Fake elections similarly erode the beneficial network influence of representational politics.

When I hear about electronic money backing the U.S. dollar, when I imagine how electronic money demand is supposed to allow more dollar printing to keep the wheels of commerce spinning, I know that won’t work to restore economic connections that are virtuous. When I hear about splitting assets into smaller pieces so that the price can go up past what ordinary person can buy in total, I know that that won’t work either. Just more pretending.

Scarcity is a real feature of the real economy. Using MMT to pretend that scarcity doesn’t exist doesn’t change an economy into one with unlimited resources.

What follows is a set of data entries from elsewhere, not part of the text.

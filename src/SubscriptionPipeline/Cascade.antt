-- ===== src/SubscriptionPipeline/Cascade.antt =====
-- crates/resin-core/src/subscription_pipeline.rs: one pass of the five-step cascade.
use egress_apikey.Prelude.{
  ℕ, zero, suc, ◌+◌, min, Bool, true, false, ◌||◌, String, Option, none, some, List, [], ◌∷◌,
  if◌then◌else◌,
}
use egress_apikey.StrategyEngine.{
  importing, establishing, converged, EstablishStep, import_step, resolve, platform, bind, port,
  apply,
}
use egress_apikey.SubscriptionPipeline.{
  StepStatus, written, already_present, failed, is_failed, PipelineReport,
}
use egress_apikey.SubscriptionPipeline.Calls.{
  Api, Run, pure, tell, ◌>>=◌, ◌>>◌, record_subscription_phase, record_cascade_failure,
}
use egress_apikey.SubscriptionPipeline.Steps.{
  ensure_subscription, resolve_subscription, ensure_platform, apply_strategy,
}
use egress_apikey.SubscriptionPipeline.Compensation.{compensate_failed_cascade}

-- Place in the canonical order of the beats.
abbrev pub beat : EstablishStep → ℕ
beat import_step = 0
beat resolve = 1
beat platform = 2
beat bind = 3
beat port = 4
beat apply = 5

abbrev pub order : ℕ → EstablishStep
order zero = import_step
order (suc zero) = resolve
order (suc (suc zero)) = platform
order (suc (suc (suc zero))) = bind
order (suc (suc (suc (suc zero)))) = port
order (suc (suc (suc (suc (suc n))))) = apply

unfoldable pub stage_from : EstablishStep → ℕ → List StepStatus → EstablishStep × String
stage_from base idx [] = (base, "cascade failed")
stage_from base idx (failed reason ∷ steps) = (order (min (beat base + idx) 5), reason)
stage_from base idx (written ∷ steps) = stage_from base (suc idx) steps
stage_from base idx (already_present ∷ steps) = stage_from base (suc idx) steps

unfoldable pub failed_stage : EstablishStep → List StepStatus → EstablishStep × String
unfolding stage_from
failed_stage base steps = stage_from base 0 steps

abbrev pub upstream : StepStatus
upstream = failed "upstream step failed"

abbrev pub is_written : StepStatus → Bool
is_written written = true
is_written _ = false

abbrev pub report :
    String → StepStatus → StepStatus → StepStatus → StepStatus → StepStatus → PipelineReport
report name s1 s2 s3 s4 s5 = record { subscription = name; steps = s1 ∷ s2 ∷ s3 ∷ s4 ∷ s5 ∷ [] }

module _ {Num Section : Type 0} (api : Api Num Section) where
  -- The end of a failed pass: compensate, then record stage, reason and actions.
  abbrev pub fail_pass :
      String → EstablishStep × String → Bool → Option String → Run Num Section Unit
  fail_pass name failure created failing_platform = do
    actions ← compensate_failed_cascade api name created failing_platform
    tell (record_cascade_failure name failure.0 failure.1 actions)

  abbrev pub finish_apply : String → StepStatus → StepStatus × Option String → Run Num Section Unit
  finish_apply name s4 (failed reason, failing_platform) =
      fail_pass name (apply, reason) (is_written s4) failing_platform
  finish_apply name s4 (_, failing_platform) =
      tell (record_subscription_phase name converged none none)

  -- From the apply beat on.
  abbrev pub apply_beat :
      String → StepStatus → StepStatus → StepStatus → StepStatus → Run Num Section PipelineReport
  apply_beat name s1 s2 s3 s4 = do
    tell (record_subscription_phase name establishing (some apply) none)
    s5 ← apply_strategy api
    finish_apply name s4 s5
    pure (report name s1 s2 s3 s4 s5.0)

  abbrev pub after_platform :
      String → StepStatus → StepStatus → StepStatus × StepStatus → Run Num Section PipelineReport
  after_platform name s1 s2 s =
      if is_failed s.0 || is_failed s.1
      then (do
        fail_pass name (failed_stage platform (s.0 ∷ s.1 ∷ [])) false none
        pure (report name s1 s2 s.0 s.1 upstream))
      else apply_beat name s1 s2 s.0 s.1

  -- From the platform beat on.
  abbrev pub platform_beat : String → StepStatus → StepStatus → Run Num Section PipelineReport
  platform_beat name s1 s2 = do
    tell (record_subscription_phase name establishing (some platform) none)
    s ← ensure_platform api name
    after_platform name s1 s2 s

  abbrev pub resolve_after : String → StepStatus → Run Num Section StepStatus
  resolve_after name s1 = if is_failed s1 then pure upstream else resolve_subscription api name

  abbrev pub after_landing : String → StepStatus → StepStatus → Run Num Section PipelineReport
  after_landing name s1 s2 =
      if is_failed s1 || is_failed s2
      then (do
        fail_pass name (failed_stage import_step (s1 ∷ s2 ∷ [])) false none
        pure (report name s1 s2 upstream upstream upstream))
      else platform_beat name s1 s2

  unfoldable pub run_pipeline : String → String → Run Num Section PipelineReport
  unfolding ensure_subscription resolve_subscription ensure_platform apply_strategy failed_stage
      compensate_failed_cascade
  run_pipeline name url = do
    tell (record_subscription_phase name importing none none)
    s1 ← ensure_subscription api name url
    s2 ← resolve_after name s1
    after_landing name s1 s2
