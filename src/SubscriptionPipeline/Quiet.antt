-- ===== src/SubscriptionPipeline/Quiet.antt =====
-- The steps of crates/resin-core/src/subscription_pipeline.rs that delete nothing on Resin.
use egress_apikey.Prelude.{◌≡◌, refl, ◌∙◌, String, List, [], ◌∷◌, if_elim, any}
use egress_apikey.Prelude.Results.{Result, ok, err}
use egress_apikey.Prelude.Json.{Json}
use egress_apikey.StrategyEngine.{StrategyConfig}
use egress_apikey.SubscriptionPipeline.{StepStatus, written, already_present, failed}
use egress_apikey.SubscriptionPipeline.Calls.{
  Trace, Api, Run, delete_platform, list_subscriptions, list_platforms, get_config,
}
use egress_apikey.SubscriptionPipeline.Steps.{
  ensure_subscription, after_subscriptions, resolve_subscription, ensure_platform, after_config,
  whitebox_half, resin_half, after_platforms, items_arr, has_name, is_bound, entry_of,
}
use egress_apikey.SubscriptionPipeline.Cascade.{resolve_after}

module _ {Num Section : Type 0} where
  -- The ids that were deleted, the last one first, each with the calls before its deletion.
  abbrev pub deleted : Trace Num Section → List (String × Trace Num Section)
  deleted [] = []
  deleted (delete_platform id ∷ t) = (id, t) ∷ deleted t
  deleted (_ ∷ t) = deleted t

  -- Nothing is deleted along a run.
  abbrev pub Quiet : {A : Type 0} → Run Num Section A → Type 0
  Quiet m = (t : Trace Num Section) → deleted (m t).1 ≡ deleted t

  module _ (api : Api Num Section) where
    after_subscriptions-Quiet :
        (name url : String) (r : Result (Json Num)) → Quiet (after_subscriptions api name url r)
    after_subscriptions-Quiet name url (err e) t = refl
    after_subscriptions-Quiet name url (ok live) t =
        if_elim (λ (m : Run Num Section StepStatus). deleted (m t).1 ≡ deleted t)
          (any (has_name name) (items_arr live)) (λ _. refl) (λ _. refl)

    pub ensure_subscription-Quiet : (name url : String) → Quiet (ensure_subscription api name url)
    unfolding ensure_subscription
    ensure_subscription-Quiet name url t =
        after_subscriptions-Quiet name url (api.subscriptions (list_subscriptions ∷ t))
          (list_subscriptions ∷ t)

    pub resolve_after-Quiet : (name : String) (s1 : StepStatus) → Quiet (resolve_after api name s1)
    unfolding resolve_subscription
    resolve_after-Quiet name written t = refl
    resolve_after-Quiet name already_present t = refl
    resolve_after-Quiet name (failed reason) t = refl

    after_platforms-Quiet :
        (name : String) (r : Result (Json Num)) → Quiet (after_platforms api name r)
    after_platforms-Quiet name (err e) t = refl
    after_platforms-Quiet name (ok live) t =
        if_elim (λ (m : Run Num Section StepStatus). deleted (m t).1 ≡ deleted t)
          (any (has_name name) (items_arr live)) (λ _. refl) (λ _. refl)

    resin_half-Quiet : (name : String) (s : StepStatus) → Quiet (resin_half api name s)
    resin_half-Quiet name written t =
        after_platforms-Quiet name (api.platforms (list_platforms ∷ t)) (list_platforms ∷ t)
    resin_half-Quiet name already_present t =
        after_platforms-Quiet name (api.platforms (list_platforms ∷ t)) (list_platforms ∷ t)
    resin_half-Quiet name (failed reason) t = refl

    whitebox_half-Quiet :
        (name : String) (config : StrategyConfig Section) → Quiet (whitebox_half api name config)
    whitebox_half-Quiet name config t =
        if_elim (λ (m : Run Num Section StepStatus). deleted (m t).1 ≡ deleted t)
          (is_bound name (entry_of name config)) (λ _. refl) (λ _. refl)

    after_config-Quiet :
        (name : String) (r : Result (StrategyConfig Section)) → Quiet (after_config api name r)
    after_config-Quiet name (err e) t = refl
    after_config-Quiet name (ok config) t =
        resin_half-Quiet name (whitebox_half api name config t).0
          (whitebox_half api name config t).1
        ∙ whitebox_half-Quiet name config t

    pub ensure_platform-Quiet : (name : String) → Quiet (ensure_platform api name)
    unfolding ensure_platform
    ensure_platform-Quiet name t =
        after_config-Quiet name (api.config (get_config ∷ t)) (get_config ∷ t)
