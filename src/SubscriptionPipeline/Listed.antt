-- ===== src/SubscriptionPipeline/Listed.antt =====
-- What `resolve_id_in` of crates/resin-core/src/resin_client.rs finds in a list of platforms.
use egress_apikey.Prelude.{
  ◌≡◌, refl, Bool, true, false, String, Option, some, List, [], ◌∷◌, str_eq, find, not, ◌&&◌,
  if◌then◌else◌,
}
use egress_apikey.Prelude.Json.{Json}
use egress_apikey.SubscriptionPipeline.Steps.{items_arr}
use egress_apikey.SubscriptionPipeline.Compensation.{resolve_id_in, first_id, text_at}

-- A row with the name `want` and with an id.
abbrev pub is_platform : {Num : Type 0} → String → Json Num → Bool
is_platform want row = str_eq (text_at "name" row) want && not (str_eq (text_at "id" row) "")

module _ {Num : Type 0} where
  -- The row found has this id.
  abbrev pub HasId : String → Option (Json Num) → Type 0
  HasId id o = (row : Json Num) × (o ≡ some row) × (text_at "id" row ≡ id)

  first_id-find :
      (want : String) (rows : List (Json Num)) {id : String}
      → first_id want rows ≡ some id
      → HasId id (find (is_platform want) rows)
  unfolding first_id
  first_id-find want [] h = cc
  first_id-find want (row ∷ rows) {id} h =
      by_tests (str_eq (text_at "name" row) want) (str_eq (text_at "id" row) "") h
        (first_id-find want rows)
    where
      by_tests :
          (named blank : Bool) {rest : Option String} {later : Option (Json Num)}
          → (if named then (if blank then rest else some (text_at "id" row)) else rest) ≡ some id
          → (rest ≡ some id → HasId id later)
          → HasId id (if named && not blank then some row else later)
      by_tests true true h k = k h
      by_tests true false h k = (row, refl, cc)
      by_tests false true h k = k h
      by_tests false false h k = k h

  pub resolve_id_in-find :
      (live : Json Num) (name : String) {id : String}
      → resolve_id_in live name ≡ some id
      → HasId id (find (is_platform name) (items_arr live))
  unfolding resolve_id_in
  resolve_id_in-find live name h = first_id-find name (items_arr live) h
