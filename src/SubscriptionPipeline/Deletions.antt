-- ===== src/SubscriptionPipeline/Deletions.antt =====
-- What a pass deletes on Resin.
use mathlib.Core.Path.{subst}
use egress_apikey.Prelude.{
  ◌≡◌, refl, sym, ap, ◌∙◌, Bool, true, false, ◌||◌, String, Option, none, some, [], ◌∷◌, if_elim,
  inl, inr, eq_iff, ◌⊎◌, str_eq, find,
}
use egress_apikey.Prelude.Results.{Result, ok, err}
use egress_apikey.Prelude.Json.{Json}
use egress_apikey.StrategyEngine.{EstablishStep, apply, platform, establishing, importing}
use egress_apikey.SubscriptionPipeline.{
  StepStatus, written, already_present, failed, is_failed, PipelineReport,
}
use egress_apikey.SubscriptionPipeline.Calls.{
  Trace, Api, Run, strategy_apply, list_platforms, record_subscription_phase,
}
use egress_apikey.SubscriptionPipeline.Steps.{
  ensure_subscription, ensure_platform, apply_strategy, applied_status, items_arr,
}
use egress_apikey.SubscriptionPipeline.Compensation.{
  compensate_failed_cascade, delete_owned, delete_cascade_platform, delete_listed, delete_found,
  resolve_id_in, text_at,
}
use egress_apikey.SubscriptionPipeline.Cascade.{
  is_written, report, fail_pass, finish_apply, apply_beat, after_platform, platform_beat,
  resolve_after, after_landing, run_pipeline,
}
use egress_apikey.SubscriptionPipeline.Quiet.{
  deleted, ensure_subscription-Quiet, resolve_after-Quiet, ensure_platform-Quiet,
}
use egress_apikey.SubscriptionPipeline.Listed.{is_platform, resolve_id_in-find}

module _ {Num Section : Type 0} where
  module _ (api : Api Num Section) where
    -- One id, right after the list of platforms whose first usable row for `name` has that id.
    abbrev pub DeletesListed : String → String → Trace Num Section → Trace Num Section → Type 0
    DeletesListed name id after t =
        (live : Json Num) × (row : Json Num) × (deleted after
          ≡ (id, list_platforms ∷ t) ∷ deleted t)
        × (api.platforms (list_platforms ∷ t) ≡ ok live)
        × (find (is_platform name) (items_arr live) ≡ some row)
        × (text_at "id" row ≡ id)

    abbrev AtMostOne : String → Trace Num Section → Trace Num Section → Type 0
    AtMostOne name after t =
        (deleted after ≡ deleted t) ⊎ ((id : String) × DeletesListed name id after t)

    delete_listed-AtMostOne :
        (name : String) (r : Result (Json Num)) (t : Trace Num Section)
        → api.platforms (list_platforms ∷ t) ≡ r
        → AtMostOne name (delete_listed api name r (list_platforms ∷ t)).1 t
    delete_listed-AtMostOne name (err e) t h = inl refl
    delete_listed-AtMostOne name (ok live) t h = found (resolve_id_in live name) refl
      where
        found :
            (o : Option String)
            → resolve_id_in live name ≡ o
            → AtMostOne name (delete_found api name o (list_platforms ∷ t)).1 t
        found none e = inl refl
        found (some id) e =
            let (row, f, same) = resolve_id_in-find live name e in
            inr (id, (live, row, refl, h, f, same))

    -- A pass may delete where it created the platform and the failure is about it.
    abbrev DeletesOwn :
        String → Bool → Option String → Trace Num Section → Trace Num Section → Type 0
    DeletesOwn name created owner after t =
        (deleted after ≡ deleted t)
        ⊎ ((created ≡ true) × (owner ≡ some name) × ((id : String) × DeletesListed name id after t))

    own :
        (name : String) (after t : Trace Num Section)
        → AtMostOne name after t
        → DeletesOwn name true (some name) after t
    own name after t (inl e) = inl e
    own name after t (inr d) = inr (refl, refl, d)

    delete_owned-DeletesOwn :
        (name owner : String) (b : Bool) (t : Trace Num Section)
        → str_eq owner name ≡ b
        → DeletesOwn name true (some owner) (delete_owned api name owner b t).1 t
    unfolding delete_cascade_platform
    delete_owned-DeletesOwn name owner true t e =
        subst (λ o. DeletesOwn name true (some o) (delete_owned api name owner true t).1 t)
          (sym ((eq_iff owner name).0 e))
          (own name (delete_owned api name owner true t).1 t
            (delete_listed-AtMostOne name (api.platforms (list_platforms ∷ t)) t refl))
    delete_owned-DeletesOwn name owner false t e = inl refl

    fail_pass-DeletesOwn :
        (name : String) (failure : EstablishStep × String) (created : Bool) (owner : Option String)
        (t : Trace Num Section)
        → DeletesOwn name created owner (fail_pass api name failure created owner t).1 t
    unfolding compensate_failed_cascade
    fail_pass-DeletesOwn name failure false owner t = inl refl
    fail_pass-DeletesOwn name failure true none t = inl refl
    fail_pass-DeletesOwn name failure true (some owner) t =
        delete_owned-DeletesOwn name owner (str_eq owner name) t refl

    -- One id was deleted, after the apply step failed on `name`: the call of the apply, the list of
    -- platforms and the deletion stand in a row.
    abbrev pub CompensatesOwn :
        String → PipelineReport × Trace Num Section → Trace Num Section → Type 0
    CompensatesOwn name result t =
        (id : String) × (s1 : StepStatus) × (s2 : StepStatus) × (s3 : StepStatus)
        × (reason : String) × (w : Trace Num Section) × (live : Json Num) × (row : Json Num)
        × (deleted result.1 ≡ (id, list_platforms ∷ strategy_apply ∷ w) ∷ deleted t)
        × (result.0.steps ≡ s1 ∷ s2 ∷ s3 ∷ written ∷ failed reason ∷ [])
        × (applied_status (api.applied (strategy_apply ∷ w)) ≡ (failed reason, some name))
        × (api.platforms (list_platforms ∷ strategy_apply ∷ w) ≡ ok live)
        × (find (is_platform name) (items_arr live) ≡ some row)
        × (text_at "id" row ≡ id)

    abbrev KeepsOrCompensates :
        String → PipelineReport × Trace Num Section → Trace Num Section → Type 0
    KeepsOrCompensates name result t = (deleted result.1 ≡ deleted t) ⊎ CompensatesOwn name result t

    written-of : (s : StepStatus) → is_written s ≡ true → s ≡ written
    written-of written h = refl
    written-of already_present h = cc
    written-of (failed reason) h = cc

    finish_apply-own :
        (name : String) (s1 s2 s3 s4 : StepStatus) (s : StepStatus × Option String)
        (w : Trace Num Section)
        → applied_status (api.applied (strategy_apply ∷ w)) ≡ s
        → KeepsOrCompensates name
            (report name s1 s2 s3 s4 s.0, (finish_apply api name s4 s (strategy_apply ∷ w)).1)
            w
    finish_apply-own name s1 s2 s3 s4 (written, owner) w e = inl refl
    finish_apply-own name s1 s2 s3 s4 (already_present, owner) w e = inl refl
    finish_apply-own name s1 s2 s3 s4 (failed reason, owner) w e =
        elim (fail_pass-DeletesOwn name (apply, reason) (is_written s4) owner
          (strategy_apply ∷ w)) [
            | inl k ↦ inl k
            | inr (created, same, (id, (live, row, k, listed, first, same_id))) ↦ inr (
              id,
              s1,
              s2,
              s3,
              reason,
              w,
              live,
              row,
              k,
              ap (λ x. s1 ∷ s2 ∷ s3 ∷ x ∷ failed reason ∷ []) (written-of s4 created),
              e ∙ ap (λ o. (failed reason, o)) same,
              listed,
              first,
              same_id,
            )
          ]

    apply_beat-own :
        (name : String) (s1 s2 s3 s4 : StepStatus) (t : Trace Num Section)
        → KeepsOrCompensates name (apply_beat api name s1 s2 s3 s4 t) t
    unfolding apply_strategy
    apply_beat-own name s1 s2 s3 s4 t =
        let w = record_subscription_phase name establishing (some apply) none ∷ t in
        finish_apply-own name s1 s2 s3 s4 (applied_status (api.applied (strategy_apply ∷ w))) w refl

    after_platform-own :
        (name : String) (s1 s2 : StepStatus) (s : StepStatus × StepStatus) (t : Trace Num Section)
        → KeepsOrCompensates name (after_platform api name s1 s2 s t) t
    unfolding compensate_failed_cascade
    after_platform-own name s1 s2 s t =
        if_elim (λ (m : Run Num Section PipelineReport). KeepsOrCompensates name (m t) t)
          (is_failed s.0 || is_failed s.1) (λ _. inl refl)
          (λ _. apply_beat-own name s1 s2 s.0 s.1 t)

    -- Calls that delete nothing may come before.
    after_quiet :
        (name : String) (result : PipelineReport × Trace Num Section) (u t : Trace Num Section)
        → deleted u ≡ deleted t
        → KeepsOrCompensates name result u
        → KeepsOrCompensates name result t
    after_quiet name result u t e (inl k) = inl (k ∙ e)
    after_quiet name result u t e (inr (id, s1, s2, s3, reason, w, live, row, k, a, b, c, f, g)) =
        let d : String × Trace Num Section = (id, list_platforms ∷ strategy_apply ∷ w) in
        inr (id, s1, s2, s3, reason, w, live, row, k ∙ ap (λ l. d ∷ l) e, a, b, c, f, g)

    after_landing-own :
        (name : String) (s1 s2 : StepStatus) (t : Trace Num Section)
        → KeepsOrCompensates name (after_landing api name s1 s2 t) t
    unfolding compensate_failed_cascade
    after_landing-own name s1 s2 t =
        let u = record_subscription_phase name establishing (some platform) none ∷ t in
        if_elim (λ (m : Run Num Section PipelineReport). KeepsOrCompensates name (m t) t)
          (is_failed s1 || is_failed s2) (λ _. inl refl)
          (λ _.
            after_quiet name (platform_beat api name s1 s2 t) (ensure_platform api name u).1 t
              (ensure_platform-Quiet api name u)
              (after_platform-own name s1 s2 (ensure_platform api name u).0
                (ensure_platform api name u).1))

    -- A pass deletes nothing, or makes exactly one deletion. Then step four of its report is written
    -- and step five failed; that failure belongs to `name`, by the answer to the apply call; the next
    -- call lists the platforms and the call after it is the deletion; and the id deleted is that of
    -- the first row of this list that has the name `name` and an id that is not empty.
    pub run_pipeline-deletes_own :
        (name url : String) (t : Trace Num Section)
        → (deleted (run_pipeline api name url t).1 ≡ deleted t)
          ⊎ CompensatesOwn name (run_pipeline api name url t) t
    unfolding run_pipeline
    run_pipeline-deletes_own name url t =
        let u = record_subscription_phase name importing none none ∷ t in
        let r1 = ensure_subscription api name url u in
        let r2 = resolve_after api name r1.0 r1.1 in
        after_quiet name (after_landing api name r1.0 r2.0 r2.1) r2.1 t
          (resolve_after-Quiet api name r1.0 r1.1 ∙ ensure_subscription-Quiet api name url u)
          (after_landing-own name r1.0 r2.0 r2.1)
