-- ===== src/SubscriptionPipeline/Records.antt =====
-- What a pass leaves in the status row of its subscription.
use egress_apikey.Prelude.{◌≡◌, ◌∙◌, refl, false, String, Option, none, some, List, [], ◌∷◌, length}
use egress_apikey.StrategyEngine.{
  EstablishStep, import_step, resolve, platform, bind, apply, converged,
}
use egress_apikey.SubscriptionPipeline.{
  StepStatus, written, already_present, failed, is_failed, PipelineReport,
}
use egress_apikey.SubscriptionPipeline.Calls.{
  Trace, Api, record_subscription_phase, record_cascade_failure,
}
use egress_apikey.SubscriptionPipeline.Compensation.{compensate_failed_cascade}
use egress_apikey.SubscriptionPipeline.Cascade.{
  failed_stage, finish_apply, apply_beat, after_platform, after_landing, run_pipeline,
}

-- The five steps are these beats.
abbrev pub beats : List EstablishStep
beats = import_step ∷ resolve ∷ platform ∷ bind ∷ apply ∷ []

-- The first failed step, by its beat, with its reason.
abbrev pub first_failed : List EstablishStep → List StepStatus → Option (EstablishStep × String)
first_failed (b ∷ bs) (failed reason ∷ steps) = some (b, reason)
first_failed (b ∷ bs) (written ∷ steps) = first_failed bs steps
first_failed (b ∷ bs) (already_present ∷ steps) = first_failed bs steps
first_failed _ _ = none

first_failed-skip :
    (b : EstablishStep) (bs : List EstablishStep) (s : StepStatus) (steps : List StepStatus)
    → is_failed s ≡ false
    → first_failed (b ∷ bs) (s ∷ steps) ≡ first_failed bs steps
first_failed-skip b bs written steps h = refl
first_failed-skip b bs already_present steps h = refl
first_failed-skip b bs (failed reason) steps h = cc

-- Past the two data-landing steps.
beats-landed :
    (s1 s2 : StepStatus) (steps : List StepStatus)
    → is_failed s1 ≡ false
    → is_failed s2 ≡ false
    → first_failed beats (s1 ∷ s2 ∷ steps) ≡ first_failed (platform ∷ bind ∷ apply ∷ []) steps
beats-landed s1 s2 steps h1 h2 =
    first_failed-skip import_step (resolve ∷ platform ∷ bind ∷ apply ∷ []) s1 (s2 ∷ steps) h1
    ∙ first_failed-skip resolve (platform ∷ bind ∷ apply ∷ []) s2 steps h2

module _ {Num Section : Type 0} where
  -- The last call made is the status write for that outcome; a failure lists four actions.
  abbrev pub Recorded : String → Option (EstablishStep × String) → Trace Num Section → Type 0
  Recorded name none t =
      (rest : Trace Num Section) × (t ≡ record_subscription_phase name converged none none ∷ rest)
  Recorded name (some (stage, reason)) t =
      (actions : List String) × (rest : Trace Num Section) × (t
        ≡ record_cascade_failure name stage reason actions ∷ rest)
      × (length actions ≡ 4)

  module _ (api : Api Num Section) where
    abbrev Outcome : String → PipelineReport × Trace Num Section → Type 0
    Outcome name result = Recorded name (first_failed beats result.0.steps) result.1

    finish_apply-Recorded :
        (name : String) (s4 : StepStatus) (s : StepStatus × Option String) (t : Trace Num Section)
        → Recorded name (first_failed (apply ∷ []) (s.0 ∷ [])) (finish_apply api name s4 s t).1
    unfolding compensate_failed_cascade
    finish_apply-Recorded name s4 (written, o) t = (t, refl)
    finish_apply-Recorded name s4 (already_present, o) t = (t, refl)
    finish_apply-Recorded name s4 (failed reason, o) t = (_, _, refl, refl)

    apply_beat-Outcome :
        (name : String) (s1 s2 s3 s4 : StepStatus) (t : Trace Num Section)
        → is_failed s1 ≡ false
        → is_failed s2 ≡ false
        → is_failed s3 ≡ false
        → is_failed s4 ≡ false
        → Outcome name (apply_beat api name s1 s2 s3 s4 t)
    apply_beat-Outcome name s1 s2 s3 s4 t h1 h2 h3 h4 = rw (beats-landed s1 s2 _ h1 h2) (
        rw (first_failed-skip platform (bind ∷ apply ∷ []) s3 _ h3)
          (rw (first_failed-skip bind (apply ∷ []) s4 _ h4) (finish_apply-Recorded name s4 _ _)))

    after_platform-Outcome :
        (name : String) (s1 s2 : StepStatus) (s : StepStatus × StepStatus) (t : Trace Num Section)
        → is_failed s1 ≡ false
        → is_failed s2 ≡ false
        → Outcome name (after_platform api name s1 s2 s t)
    unfolding failed_stage compensate_failed_cascade
    after_platform-Outcome name s1 s2 (failed reason, s4) t h1 h2 =
        rw (beats-landed s1 s2 _ h1 h2) (_, _, refl, refl)
    after_platform-Outcome name s1 s2 (written, failed reason) t h1 h2 =
        rw (beats-landed s1 s2 _ h1 h2) (_, _, refl, refl)
    after_platform-Outcome name s1 s2 (already_present, failed reason) t h1 h2 =
        rw (beats-landed s1 s2 _ h1 h2) (_, _, refl, refl)
    after_platform-Outcome name s1 s2 (written, written) t h1 h2 =
        apply_beat-Outcome name s1 s2 written written t h1 h2 refl refl
    after_platform-Outcome name s1 s2 (written, already_present) t h1 h2 =
        apply_beat-Outcome name s1 s2 written already_present t h1 h2 refl refl
    after_platform-Outcome name s1 s2 (already_present, written) t h1 h2 =
        apply_beat-Outcome name s1 s2 already_present written t h1 h2 refl refl
    after_platform-Outcome name s1 s2 (already_present, already_present) t h1 h2 =
        apply_beat-Outcome name s1 s2 already_present already_present t h1 h2 refl refl

    after_landing-Outcome :
        (name : String) (s1 s2 : StepStatus) (t : Trace Num Section)
        → Outcome name (after_landing api name s1 s2 t)
    unfolding failed_stage compensate_failed_cascade
    after_landing-Outcome name (failed reason) s2 t = (_, _, refl, refl)
    after_landing-Outcome name written (failed reason) t = (_, _, refl, refl)
    after_landing-Outcome name already_present (failed reason) t = (_, _, refl, refl)
    after_landing-Outcome name written written t =
        after_platform-Outcome name written written _ _ refl refl
    after_landing-Outcome name written already_present t =
        after_platform-Outcome name written already_present _ _ refl refl
    after_landing-Outcome name already_present written t =
        after_platform-Outcome name already_present written _ _ refl refl
    after_landing-Outcome name already_present already_present t =
        after_platform-Outcome name already_present already_present _ _ refl refl

    -- A pass ends with the status write that its report calls for: Converged if no step failed, and
    -- otherwise the failure of the first failed step, under its beat and with its reason, and with
    -- four compensation entries.
    pub run_pipeline-Recorded :
        (name url : String) (t : Trace Num Section)
        → Recorded name
            (first_failed beats (run_pipeline api name url t).0.steps)
            (run_pipeline api name url t).1
    unfolding run_pipeline
    run_pipeline-Recorded name url t = after_landing-Outcome name _ _ _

The complex adaptive system that is an economy has a network of connections that are destroyed when criminals who harm our economy aren’t prosecuted.

As important as networks are in developing computers, it must be obvious to the IT world that these get-rich-quick systems will eventually fail. This will leave all of us who are excluded from the favored criminal network to live on without needful economic connections that will work for us. And the criminals escaping prosecution will not be able to help the economy to prosper either. Look closely. This economy is broken.